Deconvoluted images were imported into Imaris (Bitplane, version 9.6) for augmentation. 3D cell-surfaces were created for TH positive fibres, VGLUT1 and VGLUT2 using the Imaris “create surface” module. The Imaris “spot” module was used to create “spots” for Bassoon and PSD95. When Bassoon “spots” were colocalised within TH “surfaces” this was considered a site of “high probability DA release”. A glutamatergic synapse was defined as the presence of a VGluT marker within 100 nm of the generic postsynaptic marker PSD95. This distance was chosen as it was reported to be the synaptic length between VGluT1 and PSD95 using these same immunohistochemical markers31. To calculate number of such “synapses” a filtration feature was used to pair PSD95 with VGlut1 or VGlut2. For image processing detail see supplementary methods.

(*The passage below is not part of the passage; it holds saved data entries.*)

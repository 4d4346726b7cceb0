-- ===== src/Clib/Arithmetic/Tests.antt =====
-- Runs of the divisions with an instruction that traps where it must.
use project2_group.Base.{
  ℕ, ◌-◌, ◌*◌, ◌/◌, ◌%◌, ◌^◌, ◌≡◌, refl, Run, ok, fault, ltb, if◌then◌else◌, arith, true, false,
}
use project2_group.Clib.Arithmetic.{
  shift_up, nlz, udiv64, umod64, sdiv64, short_divisor, long_divisor,
}
use project2_group.Clib.Arithmetic.Division.{IsDivl, udiv64_lem, umod64_lem}
use project2_group.Clib.Arithmetic.Signed.{signed, sdiv64_lem}

abbrev divl : ℕ → ℕ → Run ℕ
divl n d = if ltb n (d * 2 ^ 32) then ok (n / d) else fault

divl-IsDivl : IsDivl divl
divl-IsDivl n d h l = ground arith

nlz_test : nlz 1 ≡ 31
unfolding nlz shift_up
nlz_test = refl

-- A quotient that has to be corrected.
udiv64_test : udiv64 divl (2 ^ 64 - 1) (2 ^ 33 - 1) ≡ ok 2147483648
unfolding udiv64 long_divisor nlz shift_up
udiv64_test = refl

-- -7 / 2 is -3.
sdiv64_test : sdiv64 divl (2 ^ 64 - 7) 2 ≡ ok (2 ^ 64 - 3)
unfolding sdiv64 udiv64 short_divisor
sdiv64_test = refl

-- The remainder of 2 ^ 40 by 2 ^ 41 is 2 ^ 40, but `umod64` returns 0.
umod64_test : umod64 divl (2 ^ 40) (2 ^ 41) ≡ ok 0
unfolding umod64 udiv64 long_divisor
umod64_test = refl

udiv64_lem_example : udiv64 divl (2 ^ 64 - 1) (2 ^ 33 - 1) ≡ ok ((2 ^ 64 - 1) / (2 ^ 33 - 1))
udiv64_lem_example =
    udiv64_lem divl divl-IsDivl (2 ^ 64 - 1) (2 ^ 33 - 1) (omega arith) (omega arith) (omega arith)

umod64_lem_example : umod64 divl (2 ^ 40) (2 ^ 41) ≡ ok (2 ^ 40 % 2 ^ 41 % 2 ^ 32)
umod64_lem_example =
    umod64_lem divl divl-IsDivl (2 ^ 40) (2 ^ 41) (omega arith) (omega arith) (omega arith)

-- -7 / 2 is -3.
sdiv64_lem_example : sdiv64 divl (signed true 7) (signed false 2) ≡ ok (signed true 3)
sdiv64_lem_example =
    sdiv64_lem divl divl-IsDivl true false 7 2 (omega arith) (omega arith) (omega arith)
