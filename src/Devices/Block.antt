-- ===== src/Devices/Block.antt =====
-- devices/block.c: block devices. What the driver's `read` and `write` do to the medium is taken to
-- be what an ideal disk does: the device holds a list of 512 bytes for each sector.
use project2_group.Base.{
  ℕ, ◌+◌, ◌<◌, ◌≡◌, Bool, true, false, List, Run, ok, panic, ◌>>◌, assert, leb, ◌==◌, if◌then◌else◌,
  length, arith, not,
}

abbrev pub block_sector_size : ℕ
block_sector_size = 512

pub data BlockType : Type 0 where
  kernel filesys scratch swap raw foreign : BlockType

pub record Block : Type 0 where
  pub type : BlockType
  pub size : ℕ
  pub store : ℕ → List ℕ
  pub read_cnt : ℕ
  pub write_cnt : ℕ

abbrev pub is_foreign : BlockType → Bool
is_foreign foreign = true
is_foreign _ = false

abbrev pub check_sector : Block → ℕ → Run (Unit {0})
check_sector b sector = if leb b.size sector then panic else ok tt

-- The buffer's new contents, and the device.
unfoldable pub block_read : Block → ℕ → Run (List ℕ × Block)
block_read b sector = do
  check_sector b sector
  ok (b.store sector, record b { read_cnt = b.read_cnt + 1 })

abbrev pub store_sector : (ℕ → List ℕ) → ℕ → List ℕ → ℕ → List ℕ
store_sector f sector bytes s = if s == sector then bytes else f s

unfoldable pub block_write : Block → ℕ → List ℕ → Run Block
block_write b sector bytes = do
  check_sector b sector
  assert (not (is_foreign b.type))
  ok (record b { store = store_sector b.store sector bytes; write_cnt = b.write_cnt + 1 })

-- The device that a file system is on: every sector is full, and Pintos may write to it.
pub record IsDisk (b : Block) : Type 0 where
  pub full : (s : ℕ) → length (b.store s) ≡ 512
  pub ours : is_foreign b.type ≡ false

pub block_read-ok :
    (b : Block) (s : ℕ)
    → s < b.size
    → block_read b s ≡ ok (b.store s, record b { read_cnt = b.read_cnt + 1 })
unfolding block_read
block_read-ok b s h = ground arith

unfoldable pub written : Block → ℕ → List ℕ → Block
written b s bytes = record b { store = store_sector b.store s bytes; write_cnt = b.write_cnt + 1 }

pub block_write-ok :
    (b : Block) (s : ℕ) (bytes : List ℕ)
    → IsDisk b
    → s < b.size
    → block_write b s bytes ≡ ok (written b s bytes)
unfolding block_write written
block_write-ok b s bytes d h = ground (arith, d.ours)

pub written-IsDisk :
    {b : Block} (s : ℕ) (bytes : List ℕ)
    → IsDisk b
    → length bytes ≡ 512
    → IsDisk (written b s bytes)
unfolding written
written-IsDisk s bytes d h = record { full = λ t. ground (arith, d.full t); ours = d.ours }

unfoldable pub block_size : Block → ℕ
block_size b = b.size
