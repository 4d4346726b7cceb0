-- ===== src/Filesys/Inode.antt =====
-- filesys/inode.c and inode.h: inodes on disk and in memory, where a byte of a file lies, and reading.
-- `off_t` offsets and sizes are the nonnegative ones; the sectors of the device are bytes, and the
-- structs on it are arrays of little-endian words.
pub mod Layout
pub mod Read
mod Tests
use project2_group.Base.{
  ℕ, zero, suc, ◌+◌, ◌-◌, ◌*◌, ◌/◌, ◌%◌, ◌^◌, Bool, true, false, List, [], ◌∷◌, ◌++◌, Run, ok,
  fault, out_of_fuel, ◌>>=◌, deref, leb, ltb, ◌==◌, ◌&&◌, if◌then◌else◌, get_elem?, take, drop,
  bytes_of, words_of,
}
use project2_group.Devices.Block.{Block, block_sector_size, block_read}

pub data SectorLoc : Type 0 where
  direct indirect doubly_indirect : SectorLoc

-- `struct inode_disk`, one sector: three words and 125 sector numbers.
pub record InodeDisk : Type 0 where
  pub start : ℕ
  pub length : ℕ
  pub magic : ℕ
  pub sectors : List ℕ

abbrev pub inode_magic : ℕ
inode_magic = 0x494e4f44

-- The bytes of a `struct inode_disk`.
unfoldable pub encode : InodeDisk → List ℕ
encode d = bytes_of (d.start ∷ d.length ∷ d.magic ∷ d.sectors)

-- What `block_read` into a `struct inode_disk` gives.
unfoldable pub inode_of_words : List ℕ → InodeDisk
inode_of_words (s ∷ l ∷ m ∷ ws) = record { start = s; length = l; magic = m; sectors = ws }
inode_of_words _ = record { start = 0; length = 0; magic = 0; sectors = [] }

unfoldable pub decode : List ℕ → InodeDisk
unfolding inode_of_words
decode bytes = inode_of_words (words_of bytes)

-- `struct inode`, less its place in the list of open inodes.
pub record Inode : Type 0 where
  pub sector : ℕ
  pub open_cnt : ℕ
  pub removed : Bool
  pub deny_write_cnt : ℕ
  pub data' : InodeDisk

-- DIV_ROUND_UP (size, BLOCK_SECTOR_SIZE).
abbrev pub bytes_to_sectors : ℕ → ℕ
bytes_to_sectors size = (size + 511) / block_sector_size

-- The sector of byte `pos`, where it was found (the global `location`), and the device, which may
-- have been read for it.
unfoldable pub byte_to_sector : Block → Inode → ℕ → Run (SectorLoc × ℕ × Block)
byte_to_sector dev inode pos =
    let spot = pos / block_sector_size in
    if leb spot 122
    then (do s ← deref (get_elem? inode.data'.sectors spot); ok (direct, s, dev))
    else if leb spot 250
    then (do
      s ← deref (get_elem? inode.data'.sectors 123)
      (bytes, dev') ← block_read dev s
      t ← deref (get_elem? (words_of bytes) (spot - 122))
      ok (indirect, t, dev'))
    else (do
      let first_spot = (spot - 250) / 128
      let second_spot = spot - 250 - 128 * first_spot
      s ← deref (get_elem? inode.data'.sectors 124)
      (_, dev') ← block_read dev s
      s' ← deref (get_elem? inode.data'.sectors first_spot)
      (bytes, dev'') ← block_read dev' s'
      t ← deref (get_elem? (words_of bytes) second_spot)
      ok (doubly_indirect, t, dev''))

abbrev pub inode_length : Inode → ℕ
inode_length inode = inode.data'.length

abbrev pub lesser : ℕ → ℕ → ℕ
lesser a b = if ltb a b then a else b

-- The variables of the loop of `inode_read_at`; `out` is what the caller's buffer holds so far.
pub record ReadState : Type 0 where
  pub dev : Block
  pub out : List ℕ
  pub size : ℕ
  pub offset : ℕ
  pub bytes_read : ℕ

-- What the function returns, with the buffer and the device.
abbrev pub ReadResult : Type 0
ReadResult = ℕ × List ℕ × Block

-- A round of a loop goes on with new variables, or leaves the function with a result.
pub data Round (S A : Type 0) : Type 0 where
  again : S → Round S A
  leave : A → Round S A

-- The end of a round: the chunk goes behind what the buffer holds.
abbrev pub advance : ReadState → Block → List ℕ → ℕ → Round ReadState ReadResult
advance s dev bytes chunk_size = again (record {
  dev = dev;
  out = s.out ++ bytes;
  size = s.size - chunk_size;
  offset = s.offset + chunk_size;
  bytes_read = s.bytes_read + chunk_size;
})

-- The body of the loop. `bounce` says whether `malloc` gives a bounce buffer.
unfoldable pub read_round : Bool → Inode → ReadState → Run (Round ReadState ReadResult)
read_round bounce inode s = do
  (_, sector_idx, dev) ← byte_to_sector s.dev inode s.offset
  let sector_ofs = s.offset % block_sector_size
  let inode_left = inode_length inode - s.offset
  let sector_left = block_sector_size - sector_ofs
  let chunk_size = lesser s.size (lesser inode_left sector_left)
  if leb (inode_length inode) s.offset
      then ok (leave (0, s.out, dev))
      else if chunk_size == 0
      then ok (leave (s.bytes_read, s.out, dev))
      else if (sector_ofs == 0) && (chunk_size == block_sector_size)
      then (do (bytes, dev') ← block_read dev sector_idx; ok (advance s dev' bytes chunk_size))
      else if bounce
      then (do
        (bytes, dev') ← block_read dev sector_idx
        ok (advance s dev' (take chunk_size (drop sector_ofs bytes)) chunk_size))
      else ok (leave (s.bytes_read, s.out, dev))

read_loop : ℕ → Bool → Inode → ReadState → Run ReadResult
read_loop zero bounce inode s = out_of_fuel
read_loop (suc fuel) bounce inode s = if s.size == 0 then ok (s.bytes_read, s.out, s.dev) else (do
  r ← read_round bounce inode s
  elim r [ leave result ↦ ok result | again s' ↦ read_loop fuel bounce inode s' ])

-- Each round but the last reads at least one byte.
unfoldable pub inode_read_at : Bool → Inode → Block → (size offset : ℕ) → Run ReadResult
unfolding read_loop
inode_read_at bounce inode dev size offset =
    read_loop (size + 1) bounce inode
      (record { dev = dev; out = []; size = size; offset = offset; bytes_read = 0 })
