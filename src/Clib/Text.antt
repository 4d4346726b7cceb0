-- ===== src/Clib/Text.antt =====
-- lib/string.c. A pointer into an object is the list of the object's bytes from there on, so that a read
-- or a write past its end is a fault; the pointers are not null. Where C returns a pointer into an argument, the
-- result is the offset in it. The answers -1, 0 and 1 of comparisons are `Comparison`.
pub mod Copy
pub mod Compare
mod Tests
use project2_group.Base.{
  ℕ, zero, suc, ◌+◌, ◌-◌, Bool, true, false, Option, none, some, List, [], ◌∷◌, ◌++◌, ◌%◌, map, Run,
  ok, fault, ◌>>=◌, ltb, ◌==◌, ◌&&◌, if◌then◌else◌, take, drop,
}
use project2_group.Filesys.Inode.{lesser}

pub data Comparison : Type 0 where
  negative equal positive : Comparison

unfoldable pub memcpy : List ℕ → List ℕ → ℕ → Run (List ℕ)
memcpy dst src zero = ok dst
memcpy (d ∷ ds) (s ∷ ss) (suc size) = do rest ← memcpy ds ss size; ok (s ∷ rest)
memcpy _ _ (suc size) = fault

unfoldable pub memset : List ℕ → ℕ → ℕ → Run (List ℕ)
memset dst value zero = ok dst
memset (d ∷ ds) value (suc size) = do rest ← memset ds value size; ok (value % 256 ∷ rest)
memset [] value (suc size) = fault

unfoldable pub memcmp : List ℕ → List ℕ → ℕ → Run Comparison
memcmp a b zero = ok equal
memcmp (x ∷ a) (y ∷ b) (suc size) =
    let rest = memcmp a b size in
    if x == y then rest else ok (if ltb y x then positive else negative)
memcmp _ _ (suc size) = fault

unfoldable pub strcmp : List ℕ → List ℕ → Run Comparison
strcmp (x ∷ a) (y ∷ b) =
    let rest = strcmp a b in
    if x == 0
    then ok (if ltb x y then negative else if ltb y x then positive else equal)
    else if x == y
    then rest
    else ok (if ltb x y then negative else if ltb y x then positive else equal)
strcmp _ _ = fault

-- What a search found, one place further on.
abbrev pub further : Run (Option ℕ) → Run (Option ℕ)
further r = do o ← r; ok (elim o [ none ↦ none | some i ↦ some (i + 1) ])

unfoldable pub memchr : List ℕ → ℕ → ℕ → Run (Option ℕ)
memchr block ch zero = ok none
memchr (b ∷ block) ch (suc size) =
    let rest = further (memchr block ch size) in if b == ch then ok (some 0) else rest
memchr [] ch (suc size) = fault

unfoldable pub strchr : List ℕ → ℕ → Run (Option ℕ)
strchr [] c = fault
strchr (s ∷ string) c =
    let rest = further (strchr string c) in
    if s == c then ok (some 0) else if s == 0 then ok none else rest

unfoldable pub strlen : List ℕ → Run ℕ
strlen [] = fault
strlen (s ∷ string) = let rest = (do n ← strlen string; ok (n + 1)) in if s == 0 then ok 0 else rest

unfoldable pub strnlen : List ℕ → ℕ → Run ℕ
strnlen [] maxlen = fault
strnlen (s ∷ string) zero = ok 0
strnlen (s ∷ string) (suc maxlen) =
    let rest = (do n ← strnlen string maxlen; ok (n + 1)) in if s == 0 then ok 0 else rest

-- `dst[i] = c`.
unfoldable pub put : List ℕ → ℕ → ℕ → Run (List ℕ)
put [] i c = fault
put (d ∷ dst) zero c = ok (c ∷ dst)
put (d ∷ dst) (suc i) c = do rest ← put dst i c; ok (d ∷ rest)

-- The length that is returned, and `dst`.
unfoldable pub strlcpy : List ℕ → List ℕ → ℕ → Run (ℕ × List ℕ)
strlcpy dst src size = do
  src_len ← strlen src
  if ltb 0 size
      then (do
        let dst_len = lesser src_len (size - 1)
        dst' ← memcpy dst src dst_len
        dst'' ← put dst' dst_len 0
        ok (src_len, dst''))
      else ok (src_len, dst)
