-- ===== src/Clib/Move.antt =====
-- lib/string.c: `memmove`, on one object that both blocks lie in, by their offsets.
pub mod Overlap
mod Tests
use project2_group.Base.{
  ℕ, zero, suc, ◌+◌, List, Run, ok, ◌>>=◌, deref, ltb, get_elem?, if◌then◌else◌,
}
use project2_group.Clib.Text.{put}

-- The loop that starts at the blocks' first bytes.
unfoldable pub move_up : List ℕ → (dst src size : ℕ) → Run (List ℕ)
move_up object dst src zero = ok object
move_up object dst src (suc size) = do
  c ← deref (get_elem? object src)
  object' ← put object dst c
  move_up object' (dst + 1) (src + 1) size

-- The loop that starts at the blocks' last bytes.
unfoldable pub move_down : List ℕ → (dst src size : ℕ) → Run (List ℕ)
move_down object dst src zero = ok object
move_down object dst src (suc size) = do
  c ← deref (get_elem? object (src + size))
  object' ← put object (dst + size) c
  move_down object' dst src size

-- The pointer that is returned, which the loops have moved, and the object.
unfoldable pub memmove : List ℕ → (dst src size : ℕ) → Run (ℕ × List ℕ)
memmove object dst src size =
    if ltb dst src
    then (do object' ← move_up object dst src size; ok (dst + size, object'))
    else (do object' ← move_down object dst src size; ok (dst, object'))
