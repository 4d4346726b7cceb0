-- ===== src/Clib/Move/Overlap.antt =====
-- Moving a block moves its bytes, also onto itself.
use project2_group.Base.{
  ℕ, zero, suc, ◌+◌, ◌≤◌, ◌<◌, ◌≡◌, ◌≢◌, ◌⊎◌, refl, ◌∙◌, inl, inr, arith, List, [], ◌∷◌, Run, ok,
  length, length-set, get_or, get_or-set_self, get_or-set_ne, get_elem?-eq-get_or, set, ltb,
  if◌then◌else◌, Bool-cases,
}
use project2_group.Clib.Text.{put}
use project2_group.Clib.Move.{move_up, move_down, memmove}

put-set : (xs : List ℕ) (i c : ℕ) → i < length xs → put xs i c ≡ ok (set xs i c)
unfolding put
put-set [] i c h = absurd (omega arith)
put-set (x ∷ xs) zero c h = refl
put-set (x ∷ xs) (suc i) c h = rw (put-set xs i c (omega arith)) refl

-- The block at `dst` holds what the one at `src` held, and nothing else has changed.
pub record IsMoved (xs ys : List ℕ) (dst src size : ℕ) : Type 0 where
  pub same_length : length ys ≡ length xs
  pub inside : (k : ℕ) → k < size → get_or ys (dst + k) 0 ≡ get_or xs (src + k) 0
  pub outside : (j : ℕ) → (j < dst) ⊎ (dst + size ≤ j) → get_or ys j 0 ≡ get_or xs j 0

abbrev Moves : Run (List ℕ) → List ℕ → ℕ → ℕ → ℕ → Type 0
Moves r xs dst src size = (ys : List ℕ) × (r ≡ ok ys) × IsMoved xs ys dst src size

-- The first byte, and then the rest.
after_first :
    (xs ys : List ℕ) (dst src size : ℕ)
    → dst ≤ src
    → dst < length xs
    → IsMoved (set xs dst (get_or xs src 0)) ys (dst + 1) (src + 1) size
    → IsMoved xs ys dst src (suc size)
after_first xs ys dst src size h l m =
    let c = get_or xs src 0 in
    record {
      same_length = m.same_length ∙ length-set xs dst c;
      inside = within;
      outside = λ j o. m.outside j (wider j o) ∙ get_or-set_ne xs dst j c 0 (apart j o);
    }
  where
    wider : (j : ℕ) → (j < dst) ⊎ (dst + suc size ≤ j) → (j < dst + 1) ⊎ (dst + 1 + size ≤ j)
    wider j (inl a) = inl (omega arith)
    wider j (inr b) = inr (omega arith)

    apart : (j : ℕ) → (j < dst) ⊎ (dst + suc size ≤ j) → dst ≢ j
    apart j (inl a) = λ e. omega arith
    apart j (inr b) = λ e. omega arith

    within : (k : ℕ) → k < suc size → get_or ys (dst + k) 0 ≡ get_or xs (src + k) 0
    within zero e =
        let here : dst + 0 ≡ dst = omega arith in
        let there : src + 0 ≡ src = omega arith in
        rw (here, there)
          (m.outside dst (inl (omega arith))
            ∙ get_or-set_self xs dst (get_or xs src 0) 0 (omega (arith, l)))
    within (suc k) e =
        let here : dst + suc k ≡ dst + 1 + k = omega arith in
        let there : src + suc k ≡ src + 1 + k = omega arith in
        rw (here, there)
          (m.inside k (omega arith)
            ∙ get_or-set_ne xs dst (src + 1 + k) (get_or xs src 0) 0 (λ d. omega (arith, h)))

-- The last byte, and then the rest.
after_last :
    (xs ys : List ℕ) (dst src size : ℕ)
    → src ≤ dst
    → dst + size < length xs
    → IsMoved (set xs (dst + size) (get_or xs (src + size) 0)) ys dst src size
    → IsMoved xs ys dst src (suc size)
after_last xs ys dst src size h l m =
    let c = get_or xs (src + size) 0 in
    record {
      same_length = m.same_length ∙ length-set xs (dst + size) c;
      inside = within;
      outside = λ j o. m.outside j (wider j o) ∙ get_or-set_ne xs (dst + size) j c 0 (apart j o);
    }
  where
    wider : (j : ℕ) → (j < dst) ⊎ (dst + suc size ≤ j) → (j < dst) ⊎ (dst + size ≤ j)
    wider j (inl a) = inl a
    wider j (inr b) = inr (omega arith)

    apart : (j : ℕ) → (j < dst) ⊎ (dst + suc size ≤ j) → dst + size ≢ j
    apart j (inl a) = λ e. omega arith
    apart j (inr b) = λ e. omega arith

    within : (k : ℕ) → k < suc size → get_or ys (dst + k) 0 ≡ get_or xs (src + k) 0
    within k e = elim (Bool-cases (ltb k size)) [
      | inl b ↦
          (let below : k < size = ground arith in
            m.inside k below
            ∙ get_or-set_ne xs (dst + size) (src + k) (get_or xs (src + size) 0) 0
                (λ d. omega (arith, h)))
      | inr b ↦
          (let last : k ≡ size = ground arith in
            rw last (
              m.outside (dst + size) (inr (omega arith))
              ∙ get_or-set_self xs (dst + size) (get_or xs (src + size) 0) 0 l))
    ]

move_up_lem :
    (size dst src : ℕ) (xs : List ℕ)
    → dst ≤ src
    → src + size ≤ length xs
    → Moves (move_up xs dst src size) xs dst src size
unfolding move_up
move_up_lem zero dst src xs h l = (
  xs,
  refl,
  record { same_length = refl; inside = λ k e. absurd (omega arith); outside = λ j o. refl },
)
move_up_lem (suc size) dst src xs h l =
    let c = get_or xs src 0 in
    let n = length-set xs dst c in
    let rest = move_up_lem size (dst + 1) (src + 1) (set xs dst c) (omega arith) (omega arith) in
    let g = get_elem?-eq-get_or xs src 0 (omega arith) in
    let p = put-set xs dst c (omega arith) in
    (rest.0, rw (g, p) rest.1, after_first xs rest.0 dst src size h (omega arith) rest.2)

move_down_lem :
    (size dst src : ℕ) (xs : List ℕ)
    → src ≤ dst
    → dst + size ≤ length xs
    → Moves (move_down xs dst src size) xs dst src size
unfolding move_down
move_down_lem zero dst src xs h l = (
  xs,
  refl,
  record { same_length = refl; inside = λ k e. absurd (omega arith); outside = λ j o. refl },
)
move_down_lem (suc size) dst src xs h l =
    let c = get_or xs (src + size) 0 in
    let n = length-set xs (dst + size) c in
    let rest = move_down_lem size dst src (set xs (dst + size) c) h (omega arith) in
    let g = get_elem?-eq-get_or xs (src + size) 0 (omega arith) in
    let p = put-set xs (dst + size) c (omega arith) in
    (rest.0, rw (g, p) rest.1, after_last xs rest.0 dst src size h (omega arith) rest.2)

-- For two blocks of the same size in an object, which may overlap: `memmove` succeeds, the block at `dst` then holds
-- what the one at `src` held, and nothing else has changed; the pointer returned is `dst` if `dst` does not lie before
-- `src`, and the end of the block at `dst` if it does.
pub memmove_lem :
    (object : List ℕ) (dst src size : ℕ)
    → dst + size ≤ length object
    → src + size ≤ length object
    → (object' : List ℕ) × (memmove object dst src size
        ≡ ok ((if ltb dst src then dst + size else dst), object'))
      × IsMoved object object' dst src size
unfolding memmove
memmove_lem object dst src size h l = elim (Bool-cases (ltb dst src)) [
  | inl b ↦
      (let r = move_up_lem size dst src object (ground arith) l in (r.0, rw (b, r.1) refl, r.2))
  | inr b ↦
      (let r = move_down_lem size dst src object (ground arith) h in (r.0, rw (b, r.1) refl, r.2))
]
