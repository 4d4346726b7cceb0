-- ===== src/Clib/Move/Tests.antt =====
-- Blocks that overlap.
use project2_group.Base.{ℕ, ◌≡◌, refl, arith, List, [], ◌∷◌, ok}
use project2_group.Clib.Text.{put}
use project2_group.Clib.Move.{move_down, memmove}
use project2_group.Clib.Move.Overlap.{IsMoved, memmove_lem}

memmove_test : memmove (1 ∷ 2 ∷ 3 ∷ 4 ∷ []) 1 0 3 ≡ ok (1, 1 ∷ 1 ∷ 2 ∷ 3 ∷ [])
unfolding memmove move_down put
memmove_test = refl

memmove_lem_example :
    (object' : List ℕ) × (memmove (1 ∷ 2 ∷ 3 ∷ 4 ∷ []) 0 1 3 ≡ ok (3, object'))
    × IsMoved (1 ∷ 2 ∷ 3 ∷ 4 ∷ []) object' 0 1 3
memmove_lem_example = memmove_lem (1 ∷ 2 ∷ 3 ∷ 4 ∷ []) 0 1 3 (omega arith) (omega arith)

Determination of tonic or background DA using No Net Flux microdialysis
No net flux microdialysis was used to determine background DA levels in the DS as a measure of tonic DA. This method is generally considered superior to a single microdialysis measure as it is based on a series of DA concentrations dialysed in a random order across the brain to create a regression line of the DA concentration of the inflow vs outflow. For a detailed description of probe positions, experimental design and HPLC conditions to determine dialysate DA concentrations (see supplementary methods).
Statistics
Statistical analyses were conducted using GraphPad Prism (version 9.41.1, GraphPad Software). Two tailed paired t-tests were used to compare tonic and phasic DA levels between control and EDiPs hemispheres within same animal. Repeat measures (RM) ANOVA was used to compare relative synaptic densities in the DS and NAc. Data obtained from both brain regions was corrected using Šídák’s multiple comparisons test. Normality test for Gaussian distribution was performed where t-test was used for analysis. All the data sets met criteria for normal distribution when analysed with both Shapiro–Wilk and Kolmogorov–Smirnov test. Correlation between phasic DA and Bassoon within TH was analysed with Pearson’s correlation. Data are expressed as mean ± SEM *p < 0.05.
Results
Phasic DA release is increased in the EDiPs DS
Using FSCV, evoked DA release in response to median forebrain bundle stimulation was recorded as a measure of phasic DA. Evoked DA release was significantly greater in the DS of the EDiPs compared to the control hemisphere (t(6) = 2.545, p = 0.044) (Fig. 1B, C). In addition, the half-lives obtained from evoked DA decay profile showed no differences between control and EDiPs implying DA uptake was unchanged (t(6) = 1.610, p = 0.16) (Fig. 1D, E).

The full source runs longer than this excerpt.